Often hacker groups methods to pin the crime on someone else. So, let’s say you have 160 known hacking groups world-wide, most are loosely affiliated. Plus, you have government and foreign military or cyber-spy commands perhaps adding another 50 or so to the mix, some quite sophisticated. Not long ago, I was reading 150 page research report on cyber security, cyber warfare, hactivists, and criminal hackers. Okay so let’s talk for second shall we?
One of the chapters in the report suggested that it was easy to tell if a hacking group was part of a state-sponsored cyber command, or just would-be hackers messing around because you could tell by their style and methods. However, I would question this because cyber commands would be wise to cloak as hactivists, or petty hacker teenagers when trying to break into a system of a Corporation, or government agency. Meanwhile the report proposes that the hackers aren’t that smart, and that they always use the same methods of operandi, I completely disagree with this.
There may be some that do, but I bet most of them have many tricks up their sleeve, and they may even purposely mimic the methodologies and tactics of other hacking groups to shield and hide their own identities – in other words, mix it up a little so they don’t get caught. Wouldn’t they, or are we to believe and think hackers are stupid or something? They aren’t, they’re obviously smart enough to break into nearly every single computer system on the planet, they have been busy breaking into everything in the last few years, these aren’t stupid individuals – in fact, I hire a hacker if anything is safe of sacred anymore?
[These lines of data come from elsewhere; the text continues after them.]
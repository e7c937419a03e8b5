-- ===== src/System/State.antt =====
-- The state that the files of contracts/eosio.system share, and the calls that all of them make.
use ux_contracts.Prelude.{ℕ, Option, List, [], ◌∷◌, ◌++◌, ◌==◌, if◌then◌else◌, ℤ}
use ux_contracts.Chain.Action.{Action, ◌>>=◌, or_fail, gets, modify, pure}
use ux_contracts.Chain.Asset.{Symbol, Asset}
use ux_contracts.Chain.Platform.{Platform, make_asset}
use ux_contracts.Chain.Double.{Double}
use ux_contracts.Token.History.{Call, Inline}
use ux_contracts.Bidding.{NameBid}
use ux_contracts.Resource.{ProducerPay}
use ux_contracts.System.Tables.{
  UserResources, DelegatedBandwidth, RefundRequest, RexBalance, RexPool, ExchangeState, Global,
  Limits, Deferred, AbiHash, Privileged, VoterInfo, ProducerInfo, ProducerInfo2, Weights,
}

module _ ⦃p : Platform⦄ ⦃d : Double⦄ where
  open p use {Table, put}

  -- The tables of the account `self` have one scope, those of a user the scope of the user. The market
  -- is one row, and so is the pool; `limits` is the chain's.
  pub record State : Type 0 where
    pub voters : Table VoterInfo
    pub producers : Table ProducerInfo
    pub producers2 : Table ProducerInfo2
    pub userres : Table UserResources
    pub delband : Table DelegatedBandwidth
    pub refunds : Table RefundRequest
    pub bids : Table NameBid
    pub producer_pay : Table ProducerPay
    pub rexbalance : Table RexBalance
    pub rexpool : Option RexPool
    pub rammarket : Option ExchangeState
    pub global : Global
    pub weights : Weights
    pub limits : ℕ → Limits
    pub inlines : List Inline
    pub deferred : List Deferred
    pub abi_hashes : Table AbiHash
    pub privileged : List Privileged

  abbrev pub send : List ℕ → Call → Action State (Unit {0})
  send authorization call = modify (λ s. record s {
    inlines = s.inlines ++ record { authorization = authorization; call = call } ∷ [];
  })

  abbrev pub set_global : (Global → Global) → State → State
  set_global f s = record s { global = f s.global }

  abbrev pub core_symbol : Action State Symbol
  core_symbol = do
    itr ← gets (λ s. s.rammarket)
    m ← or_fail itr "system contract must first be initialized"
    pure m.quote.symbol

  -- `asset( amount, core_symbol() )`
  abbrev pub core_asset : ℤ → Action State Asset
  core_asset amount = do symbol ← core_symbol; make_asset symbol amount

  abbrev set_at : ℕ → Limits → (ℕ → Limits) → ℕ → Limits
  set_at account l limits a = if account == a then l else limits a

  -- `set_resource_limits( account, ram, net, cpu )`
  abbrev pub set_resource_limits : ℕ → (ram net cpu : ℤ) → State → State
  set_resource_limits account ram net cpu s = record s {
    limits = set_at account (record { ram = ram; net = net; cpu = cpu }) s.limits;
  }

  abbrev pub put_voter : (payer self account : ℕ) → VoterInfo → State → State
  put_voter payer self account v s = record s { voters = put s.voters payer self account v }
Next, I’d like to point out that the authorities are busy hiring these hackers who have experience for their own security computer needs. If these hackers were so naïve and stupid, then I doubt very much if the corporations, and government agencies would be hiring them in the first place. Whereas the methods and strategies, as well as the tactics used by various hackers could at times act as a fingerprint, it might also be nothing more than a false positive or a disguise purposely used to conceal their own hacking group.
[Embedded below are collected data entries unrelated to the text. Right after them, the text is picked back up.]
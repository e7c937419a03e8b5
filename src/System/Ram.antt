-- ===== src/System/Ram.antt =====
-- contracts/eosio.system/src/delegate_bandwidth.cpp and eosio.system.cpp: memory is bought and sold, and
-- its supply grows.
use ux_contracts.Prelude.{
  ℕ, ◌+◌, ◌-◌, ◌*◌, ◌/◌, ◌%◌, ◌^◌, Bool, false, Option, none, some, [], ◌∷◌, ◌==◌, if◌then◌else◌, ℤ,
  pos, ltb_ℤ, leb_ℤ, ◌+ℤ◌, ◌-ℤ◌, times, int64, uint64, quot, add_64, sub_64, ltb, pos_part,
  neg_part,
}
use ux_contracts.Chain.Action.{Action, ◌>>=◌, ◌>>◌, check, or_fail, gets, modify, when, pure}
use ux_contracts.Chain.Asset.{Asset, symbol_eq}
use ux_contracts.Chain.Context.{Context, require_auth}
use ux_contracts.Chain.Platform.{Platform, make_asset}
use ux_contracts.Chain.Double.{Double}
use ux_contracts.Token.History.{transfer_call}
use ux_contracts.System.Tables.{
  UserResources, ExchangeState, Global, VoterInfo, has_field, ram_managed, ram_account,
  ramcore_symbol,
}
use ux_contracts.System.State.{State, send, set_global, core_asset, set_resource_limits}

-- `x % n == 0` for a signed `x` and a positive `n`.
abbrev pub divides : ℕ → ℤ → Bool
divides n x = (pos_part x + neg_part x) % n == 0

-- `RAM market modified`: the market's base grows by `delta`.
abbrev pub grow_market : ℤ → ExchangeState → ExchangeState
grow_market delta m = record m {
  base = record { amount = int64 (m.base.amount +ℤ delta); symbol = m.base.symbol };
}

-- `quant.amount / 10000 * 1024` and `bytes / 1024 * 10000`
unfoldable pub bytes_for : ℤ → ℤ
bytes_for amount = int64 (times 1024 (quot amount 10000))

unfoldable pub tokens_for : ℤ → ℤ
tokens_for bytes = int64 (times 10000 (quot bytes 1024))

module _ ⦃p : Platform⦄ ⦃d : Double⦄ where
  open p use {find, put}

  -- `_rammarket.modify( itr, ... )`, where the iterator has to be at a row.
  abbrev pub modify_market : (ExchangeState → ExchangeState) → Action State (Unit {0})
  modify_market f = do
    itr ← gets (λ s. s.rammarket)
    m ← or_fail itr "cannot pass end iterator to modify"
    modify (λ s. record s { rammarket = some (f m) })

  -- `cbt` is the slot of `current_block_time()`.
  unfoldable pub update_ram_supply : ℕ → Action State (Unit {0})
  update_ram_supply cbt = do
    g ← gets (λ s. s.global)
    let new_ram = (cbt + (2 ^ 32 - g.last_ram_increase)) % 2 ^ 32 * g.new_ram_per_block % 2 ^ 32 in
        when (ltb g.last_ram_increase cbt) (do
          modify (set_global (λ g. record g { max_ram_size = add_64 g.max_ram_size new_ram }))
          modify_market (grow_market (pos new_ram))
          modify (set_global (λ g. record g { last_ram_increase = cbt })))

  -- The limit of the memory follows what the account has bought (`ram_gift_bytes` is 0), unless it is
  -- managed.
  abbrev pub is_managed : ℕ → Option VoterInfo → Bool
  is_managed field none = false
  is_managed field (some v) = has_field v.flags1 field

  abbrev pub update_ram_limit : ℕ → UserResources → State → State
  update_ram_limit self res s =
      let l = s.limits res.owner in
      if is_managed ram_managed (find s.voters self res.owner)
      then s
      else set_resource_limits res.owner res.ram_bytes l.net l.cpu s

  -- `res_itr == userres.end()`: a new row, or more memory in the one found.
  abbrev pub more_ram : ℕ → ℤ → Option UserResources → Action State UserResources
  more_ram receiver bytes none = do
    net ← core_asset (pos 0)
    cpu ← core_asset (pos 0)
    pure (record { owner = receiver; net_weight = net; cpu_weight = cpu; ram_bytes = bytes })
  more_ram receiver bytes (some res) =
      pure (record res { ram_bytes = int64 (res.ram_bytes +ℤ bytes) })

  abbrev pub put_resources : ℕ → ℕ → UserResources → State → State
  put_resources payer receiver res s = record s {
    userres = put s.userres payer receiver receiver res;
  }

  abbrev pub reserve : ℤ → ℤ → Global → Global
  reserve bytes amount g = record g {
    total_ram_bytes_reserved = add_64 g.total_ram_bytes_reserved (uint64 bytes);
    total_ram_stake = int64 (g.total_ram_stake +ℤ amount);
  }

  abbrev pub release : ℤ → ℤ → Global → Global
  release bytes amount g = record g {
    total_ram_bytes_reserved = sub_64 g.total_ram_bytes_reserved (uint64 bytes);
    total_ram_stake = int64 (g.total_ram_stake -ℤ amount);
  }

  unfoldable pub buyram : Context → ℕ → (payer receiver : ℕ) → Asset → Action State (Unit {0})
  buyram ctx cbt payer receiver quant = do
    require_auth ctx payer
    update_ram_supply cbt
    check (divides 10000 quant.amount) "can only buy in exact increments of 1.0000 UTXRAM"
    check (symbol_eq quant.symbol ramcore_symbol) "must buy ram with ramcore token"
    check (ltb_ℤ (pos 0) quant.amount) "must purchase a positive amount"
    send (payer ∷ ram_account ∷ []) (transfer_call payer ram_account quant "buy ram")
    found ← gets (λ s. s.rammarket)
    market ← or_fail found "ram market does not exist"
    check (ltb_ℤ (pos 0) (bytes_for quant.amount)) "must reserve a positive amount"
    modify (set_global (reserve (bytes_for quant.amount) quant.amount))
    itr ← gets (λ s. find s.userres receiver receiver)
    res ← more_ram receiver (bytes_for quant.amount) itr
    modify (put_resources receiver receiver res)
    modify (update_ram_limit ctx.self res)

  -- `(int64_t)(bytes/1024*10000)`, computed in 32 bits.
  unfoldable pub buyrambytes : Context → ℕ → (payer receiver : ℕ) → ℕ → Action State (Unit {0})
  buyrambytes ctx cbt payer receiver bytes = do
    check (ltb 0 bytes) "must buy positive quantity"
    check (bytes % 1024 == 0) "must buy in exact increments of one kilobyte (1024 bytes)"
    quant ← make_asset ramcore_symbol (pos (bytes / 1024 * 10000 % 2 ^ 32))
    buyram ctx cbt payer receiver quant

  unfoldable pub sellram : Context → ℕ → (account : ℕ) → ℤ → Action State (Unit {0})
  sellram ctx cbt account bytes = do
    require_auth ctx account
    update_ram_supply cbt
    check (ltb_ℤ (pos 0) bytes) "cannot sell negative byte"
    check (divides 1024 bytes) "can only sell in exact increments of one kilobyte (1024 bytes)"
    itr ← gets (λ s. find s.userres account account)
    res ← or_fail itr "no resource row"
    check (leb_ℤ bytes res.ram_bytes) "insufficient quota"
    found ← gets (λ s. s.rammarket)
    market ← or_fail found "cannot pass end iterator to modify"
    tokens_out ← make_asset ramcore_symbol (tokens_for bytes)
    check (ltb_ℤ (pos 1) tokens_out.amount) "token amount received from selling ram is too low"
    modify (set_global (release bytes tokens_out.amount))
    g ← gets (λ s. s.global)
    check (leb_ℤ (pos 0) g.total_ram_stake)
        "error, attempt to unstake more tokens than previously staked"
    let rest = record res { ram_bytes = int64 (res.ram_bytes -ℤ bytes) } in
        do
          modify (put_resources account account rest)
          modify (update_ram_limit ctx.self rest)
          send (ram_account ∷ account ∷ [])
              (transfer_call ram_account account tokens_out "sell ram")

  unfoldable pub setram : Context → ℕ → Action State (Unit {0})
  setram ctx max_ram_size = do
    require_auth ctx ctx.self
    g ← gets (λ s. s.global)
    check (ltb g.max_ram_size max_ram_size) "ram may only be increased"
    check (ltb max_ram_size (1024 ^ 5)) "ram size is unrealistic"
    check (ltb g.total_ram_bytes_reserved max_ram_size) "attempt to set max below reserved"
    modify_market (grow_market (int64 (pos max_ram_size -ℤ pos g.max_ram_size)))
    modify (set_global (λ g. record g { max_ram_size = max_ram_size }))

  unfoldable pub setramrate : Context → ℕ → ℕ → Action State (Unit {0})
  setramrate ctx cbt bytes_per_block = do
    require_auth ctx ctx.self
    update_ram_supply cbt
    modify (set_global (λ g. record g { new_ram_per_block = bytes_per_block }))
Therefore, I thought it was rather naïve of that research paper, partially completed by a computer scientist, to even suggest such. Even if they were talking in hindsight or about how things have historically been in the past, I think they might be missing something. Sure some of the hackers that aren’t perhaps wise enough to understand this concept, or are still learning might make such a mistake to always use the same methods, but I doubt that is true for experienced hackers.